St. Augustine once wrote that war is not a question of the particulars of any time, but a question of the human soul:

The real evils in war are love of violence, revengeful cruelty, fierce and implacable enmity, wild resistance, the lust of power, and such like.

St. Augustine believed that the only just reason to go to war was the desire for peace:

Be peaceful, therefore in warring, so that you may vanquish those whom you war against, and bring them to the prosperity of peace.

This is reflected clearly in Abraham Lincoln’s conclusion to his second inaugural address, one month before the above mentioned surrender:

With malice toward none, with charity for all, with firmness in the right as God gives us to see the right, let us strive on to finish the work we are in to bind up the nation’s wounds, to care for him who shall have borne the battle and for his widow and his orphan—to do all which may achieve and cherish a just and lasting peace among ourselves and with all nations.

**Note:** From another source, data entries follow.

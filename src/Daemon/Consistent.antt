-- ===== src/Daemon/Consistent.antt =====
-- group/dlm_controld/main.c: what holds of the lockspaces, the registered file systems and the
-- clients between two calls of the poll loop.
use dlm.Base.{
  ℕ, ◌≤◌, ◌≡◌, refl, sym, ap, ◌∙◌, true, false, none, some, List, [], ◌∷◌, if◌then◌else◌, arith,
  Bool-cases, inl, inr, All,
}
use dlm.Plock.Device.{same_name}
use dlm.Plock.Names.{same_name→eq}
use dlm.Group.Types.{Space}
use dlm.Daemon.Clients.{Client, Table, slot}
use dlm.Daemon.Spaces.{Daemon, find_space, change_space, find_ls_ci, fs_register_check}
use dlm.Daemon.Slots.{passes, has_fd, is_group}

-- No two lockspaces have one name, and none has the client of another.
abbrev pub AreDistinct : List Space → Type 0
AreDistinct [] = Unit
AreDistinct (ls ∷ rest) =
    (find_space ls.plocks.name rest ≡ none)
    × (find_ls_ci ls.cpg_client rest ≡ none)
    × AreDistinct rest

abbrev pub AreDistinctNames : List (List ℕ) → Type 0
AreDistinctNames [] = Unit
AreDistinctNames (name ∷ rest) = (fs_register_check name rest ≡ false) × AreDistinctNames rest

-- A lockspace has an open client of its kind, and is marked when its file system is registered.
pub record IsServed (registered : List (List ℕ)) (clients : List Client) (ls : Space) : Type 0 where
  pub client : passes is_group (slot clients ls.cpg_client) ≡ true
  pub marked : fs_register_check ls.plocks.name registered ≡ true → ls.fs_registered ≡ true

-- Every open client is among those that are polled.
abbrev pub IsPolled : Table → Type 0
IsPolled t = (i : ℕ) → passes has_fd (slot t.clients i) ≡ true → i ≤ t.maxi

pub record IsConsistent (d : Daemon) : Type 0 where
  pub distinct : AreDistinct d.spaces
  pub names : AreDistinctNames d.registered
  pub served : All (IsServed d.registered d.table.clients) d.spaces
  pub polled : IsPolled d.table

some-ne-none {ℓ} : {A : Type ℓ} {x : A} → some x ≡ none → ⊥
some-ne-none h = cc

pub All-map :
    (P Q : Space → Type 0) (spaces : List Space)
    → ((ls : Space) → P ls → Q ls)
    → All P spaces
    → All Q spaces
All-map P Q [] k h = tt
All-map P Q (ls ∷ rest) k h = (k ls h.0, All-map P Q rest k h.1)

-- Lockspaces none of which has a name.
other-All :
    (name : List ℕ) (P Q : Space → Type 0) (spaces : List Space)
    → ((ls : Space) → same_name ls.plocks.name name ≡ false → P ls → Q ls)
    → find_space name spaces ≡ none
    → All P spaces
    → All Q spaces
unfolding find_space
other-All name P Q [] k e h = tt
other-All name P Q (ls ∷ rest) k e h = elim (Bool-cases (same_name ls.plocks.name name)) [
  | inl y ↦
      absurd (some-ne-none (sym (ap (λ b. if b then some ls else find_space name rest) y) ∙ e))
  | inr n ↦ (
    k ls n h.0,
    other-All name P Q rest k (sym (ap (λ b. if b then some ls else find_space name rest) n) ∙ e)
        h.1,
  )
]

-- Writes to one lockspace that keep its name and its client.
module _ (name : List ℕ) (f : Space → Space) where
  change_space-find :
      (n : List ℕ) (spaces : List Space)
      → ((ls : Space) → (f ls).plocks.name ≡ ls.plocks.name)
      → find_space n spaces ≡ none
      → find_space n (change_space name f spaces) ≡ none
  unfolding find_space change_space
  change_space-find n [] k h = refl
  change_space-find n (ls ∷ rest) k h =
      ground (arith, change_space-find n rest k, ap (λ m. same_name m n) (k ls))

  change_space-ci :
      (ci : ℕ) (spaces : List Space)
      → ((ls : Space) → (f ls).cpg_client ≡ ls.cpg_client)
      → find_ls_ci ci spaces ≡ none
      → find_ls_ci ci (change_space name f spaces) ≡ none
  unfolding find_ls_ci change_space
  change_space-ci ci [] k h = refl
  change_space-ci ci (ls ∷ rest) k h = ground (arith, change_space-ci ci rest k, k ls)

  pub change_space-AreDistinct :
      (spaces : List Space)
      → ((ls : Space) → (f ls).plocks.name ≡ ls.plocks.name)
      → ((ls : Space) → (f ls).cpg_client ≡ ls.cpg_client)
      → AreDistinct spaces
      → AreDistinct (change_space name f spaces)
  unfolding change_space
  change_space-AreDistinct [] k c h = tt
  change_space-AreDistinct (ls ∷ rest) k c h = elim (Bool-cases (same_name ls.plocks.name name)) [
    | inl y ↦ rw (y, change_space) (rw (k ls, c ls) h)
    | inr n ↦
        rw (n, change_space)
          (
            change_space-find ls.plocks.name rest k h.0,
            change_space-ci ls.cpg_client rest c h.1,
            change_space-AreDistinct rest k c h.2,
          )
  ]

  -- The lockspace that is found, and the others, which have other names.
  pub change_space-All :
      (P Q : Space → Type 0) (spaces : List Space)
      → AreDistinct spaces
      → ((ls : Space) → same_name ls.plocks.name name ≡ true → P ls → Q (f ls))
      → ((ls : Space) → same_name ls.plocks.name name ≡ false → P ls → Q ls)
      → All P spaces
      → All Q (change_space name f spaces)
  unfolding change_space
  change_space-All P Q [] u there other h = tt
  change_space-All P Q (ls ∷ rest) u there other h =
      elim (Bool-cases (same_name ls.plocks.name name)) [
        | inl y ↦
            rw (y, change_space)
              (
                there ls y h.0,
                other-All name P Q rest other
                    (ap (λ n. find_space n rest) (sym (same_name→eq ls.plocks.name name y)) ∙ u.0)
                    h.1,
              )
        | inr n ↦
            rw (n, change_space) (other ls n h.0, change_space-All P Q rest u.2 there other h.1)
      ]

As we stare at the threat of total war physically engulfing our planet today, how is this to be done?

In 1967, Pope Paul VI, in his encyclical, Populorum Progressio, stated that “the new name for peace is development.” (He had also attempted to mediate in the Spring of 1945 an early conclusion to the global war, but was thwarted by those who wanted to prolong the war while nuclear weapons were being prepared for the ultimate act of terror.)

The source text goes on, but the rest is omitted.